WheelsTV's interactive video test drive report lineup is the largest in the world. Over 6,000 videos covering model years 2008 to present. Videos combine WheelsTV's original footage, shot professionally on America's roads and closed courses and OEM-sourced B roll. This footage is combined with scripts researched and written by automotive journalists, voiced by professional voice-over artists, and edited by a professional video editor. All videos are OEM compliant.

WheelsTV Video Reports

WheelsTV Video Reports provide consumers with essential vehicle purchasing information by giving car shoppers the ability to easily search, research, share and compare cars, trucks and SUV's. The run time is approximately two minutes and includes vehicle information essential to consumer purchases and ownership. Information includes vehicle specifications, fuel economy, class, size, passenger capacity, standard and optional features, safety features, and warranty information.
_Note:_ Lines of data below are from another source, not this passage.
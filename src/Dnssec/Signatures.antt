-- ===== src/Dnssec/Signatures.antt =====
-- src/dnssec.rs: the data that a signature covers, and its verification.
use ironbind.Prelude.{
  ℕ, zero, suc, ◌*◌, ◌^◌, Bool, not, Option, none, some, List, [], ◌∷◌, ◌++◌, map, concat, Result,
  ok, err, ltb, ◌==◌, if◌then◌else◌, length, take, drop, bit_or,
}
use ironbind.Prelude.Text.{Bytes, bytes_cmp}
use ironbind.Prelude.Sort.{sort_by}
use ironbind.Proto.Packet.{Record}
use ironbind.Proto.Builder
use ironbind.Proto.Builder.{◌▷◌, canonical_rr}
use ironbind.Proto.Dnssec.{Rrsig}
use ironbind.Dnssec.{
  alg_rsamd5, alg_rsasha256, alg_rsasha512, alg_ecdsap256sha256, alg_ecdsap384sha384, alg_ed25519,
  RsaHash, rsa_sha256, rsa_sha512, Crypto,
}
use ironbind.Dnssec.Sha2.{sha256, sha512}

-- The fields of an RRSIG without the signature.
unfoldable rrsig_fields : Rrsig → Bytes
unfolding Builder.u8 Builder.u16 Builder.u32 Builder.name
rrsig_fields s =
    []
    ▷ Builder.u16 s.type_covered
    ▷ Builder.u8 s.algorithm
    ▷ Builder.u8 s.labels
    ▷ Builder.u32 s.orig_ttl
    ▷ Builder.u32 s.sig_expiry
    ▷ Builder.u32 s.sig_inception
    ▷ Builder.u16 s.key_tag
    ▷ Builder.name s.signer_name

unfoldable pub build_signed_data : Rrsig → List Record → Bytes
unfolding rrsig_fields
build_signed_data s rrset =
    rrsig_fields s
    ++ concat (sort_by bytes_cmp (map (λ r. canonical_rr (record r { ttl = s.orig_ttl })) rrset))

pub data VerifyError : Type 0 where
  empty_key short_key short_exponent bad_key wrong_key_length wrong_signature_length : VerifyError
  prohibited : VerifyError
  unsupported : ℕ → VerifyError

-- The length of the exponent stands in the first byte, or in the two behind a first byte 0.
unfoldable pub parse_rsa_pubkey : Bytes → Result (Bytes × Bytes) VerifyError
parse_rsa_pubkey [] = err empty_key
parse_rsa_pubkey (zero ∷ hi ∷ lo ∷ rest) =
    let len = bit_or (hi * 2 ^ 8) lo in
    if ltb (length rest) len then err short_exponent else ok (take len rest, drop len rest)
parse_rsa_pubkey (zero ∷ hi ∷ []) = err short_key
parse_rsa_pubkey (zero ∷ []) = err short_key
parse_rsa_pubkey (suc n ∷ rest) =
    if ltb (length rest) (suc n)
    then err short_exponent
    else ok (take (suc n) rest, drop (suc n) rest)

abbrev or_bad_key : Option Bool → Result Bool VerifyError
or_bad_key none = err bad_key
or_bad_key (some b) = ok b

unfoldable pub verify_rsa : Crypto → RsaHash → Bytes → Bytes → Bytes → Result Bool VerifyError
unfolding parse_rsa_pubkey
verify_rsa c hash pubkey message signature = elim (parse_rsa_pubkey pubkey) [
  | err e ↦ err e
  | ok key ↦ or_bad_key (
      c.rsa hash key.0 key.1
        (elim hash [ rsa_sha256 ↦ sha256 message | rsa_sha512 ↦ sha512 message ]) signature)
]

-- A key and a signature of fixed lengths.
abbrev verify_sized :
    ℕ → ℕ → (Bytes → Bytes → Bytes → Option Bool) → Bytes → Bytes → Bytes → Result Bool VerifyError
verify_sized key_length signature_length verify pubkey message signature =
    if not (length pubkey == key_length)
    then err wrong_key_length
    else if not (length signature == signature_length)
    then err wrong_signature_length
    else or_bad_key (verify pubkey message signature)

-- The ECDSA keys go to the crate as 0x04 || Qx || Qy.
unfoldable pub verify_signature : Crypto → ℕ → Bytes → Bytes → Bytes → Result Bool VerifyError
unfolding verify_rsa
verify_signature c algorithm pubkey message signature =
    if algorithm == alg_rsasha256
    then verify_rsa c rsa_sha256 pubkey message signature
    else if algorithm == alg_rsasha512
    then verify_rsa c rsa_sha512 pubkey message signature
    else if algorithm == alg_ecdsap256sha256
    then verify_sized 64 64 (λ k. c.p256 (4 ∷ k)) pubkey message signature
    else if algorithm == alg_ecdsap384sha384
    then verify_sized 96 96 (λ k. c.p384 (4 ∷ k)) pubkey message signature
    else if algorithm == alg_ed25519
    then verify_sized 32 64 c.ed25519 pubkey message signature
    else if algorithm == alg_rsamd5
    then err prohibited
    else err (unsupported algorithm)
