-- ===== src/Dnssec/Validator.antt =====
-- src/dnssec.rs: `Validator::validate_rrset` and `Validator::validate_dnskey_with_ds`.
-- The clock is read once.
use ironbind.Prelude.{
  ℕ, Bool, true, false, not, ◌&&◌, ◌||◌, Option, none, some, List, [], ◌∷◌, ◌++◌, ok, err, ltb,
  ◌==◌, if◌then◌else◌, find?, is_empty,
}
use ironbind.Prelude.Text.{Bytes, bytes_eq}
use ironbind.Proto.Packet.{Record}
use ironbind.Proto.Builder.{canonical_name}
use ironbind.Proto.Dnssec.{Rrsig, Ds, key_tag, parse_rrsig, parse_dnskey, parse_ds}
use ironbind.Dnssec.{
  digest_sha256, digest_sha384, signature_mismatch, no_valid_rrsig, digest_mismatch,
  ValidationResult, secure, insecure, bogus, Crypto,
}
use ironbind.Dnssec.Sha2.{sha256, sha384}
use ironbind.Dnssec.Signatures.{build_signed_data, verify_signature}

-- The signature is within its time.
abbrev pub is_current : ℕ → Rrsig → Bool
is_current now s = not (ltb now s.sig_inception) && not (ltb s.sig_expiry now)

-- The key has the tag and the algorithm of the signature.
abbrev pub matches : Rrsig → Record → Bool
matches s r = elim (parse_dnskey r.rdata) [
  | err e ↦ false
  | ok key ↦ key_tag r.rdata == s.key_tag && key.algorithm == s.algorithm
]

-- The loop over the signatures: the first that can be verified at all decides.
unfoldable pub try_signatures :
    Crypto → ℕ → List Record → List Record → List Record → ValidationResult
try_signatures c now rrset dnskeys [] = bogus no_valid_rrsig
try_signatures c now rrset dnskeys (r ∷ rs) =
    let rest = try_signatures c now rrset dnskeys rs in
    elim (parse_rrsig r.rdata) [
      | err e ↦ rest
      | ok s ↦
          let verified : ValidationResult = elim (find? (matches s) dnskeys) [
            | none ↦ rest
            | some key_record ↦ elim (parse_dnskey key_record.rdata) [
              | err e ↦ rest
              | ok key ↦
                  elim (verify_signature c s.algorithm key.public_key (build_signed_data s rrset)
                    s.signature) [
                      | err e ↦ rest
                      | ok true ↦ secure
                      | ok false ↦ bogus signature_mismatch
                    ]
            ]
          ] in
          if is_current now s then verified else rest
    ]

unfoldable pub validate_rrset :
    Crypto → ℕ → List Record → List Record → List Record → ValidationResult
unfolding try_signatures
validate_rrset c now rrset rrsigs dnskeys =
    if is_empty rrset || (is_empty rrsigs || is_empty dnskeys)
    then insecure
    else try_signatures c now rrset dnskeys rrsigs

-- The digest of a key for a DS of a type that passed the test.
abbrev ds_digest : ℕ → Record → Bytes
ds_digest digest_type r =
    let preimage = canonical_name r.name ++ r.rdata in
    if digest_type == digest_sha256 then sha256 preimage else sha384 preimage

-- The loop over the keys for one DS; `none` means that it goes on with the next DS.
unfoldable try_keys : Ds → List Record → Option ValidationResult
try_keys ds [] = none
try_keys ds (r ∷ rs) =
    let rest = try_keys ds rs in
    elim (parse_dnskey r.rdata) [
      | err e ↦ rest
      | ok key ↦
          if not (key_tag r.rdata == ds.key_tag) || not (key.algorithm == ds.algorithm)
          then rest
          else if bytes_eq (ds_digest ds.digest_type r) ds.digest
          then some secure
          else some (bogus (digest_mismatch ds.key_tag))
    ]

unfoldable pub validate_dnskey_with_ds : List Record → List Record → ValidationResult
unfolding try_keys
validate_dnskey_with_ds dnskeys [] = insecure
validate_dnskey_with_ds dnskeys (r ∷ rs) =
    let rest = validate_dnskey_with_ds dnskeys rs in
    elim (parse_ds r.rdata) [
      | err e ↦ rest
      | ok ds ↦
          let tried : ValidationResult = elim (try_keys ds dnskeys) [ none ↦ rest | some v ↦ v ] in
          if not (ds.digest_type == digest_sha256) && not (ds.digest_type == digest_sha384)
          then rest
          else tried
    ]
POVs are a subset of WheelsTV Video Reports. POVs review vehicles that are no longer in production, and are likely to be found in a pre-owned dealers' inventory. A POV video covers an entire generation of a particular vehicle and points out potential problems that might arise in each year of a generation. To create this product, available data is gathered on each vehicle including information from actual consumer experiences as reported to J.D. Power and Associates, government and private testing agencies, and independent analysts. These findings are combined with archival footage, from WheelsTV's library, OEM footage, and IIHS and NHTSA crash test data.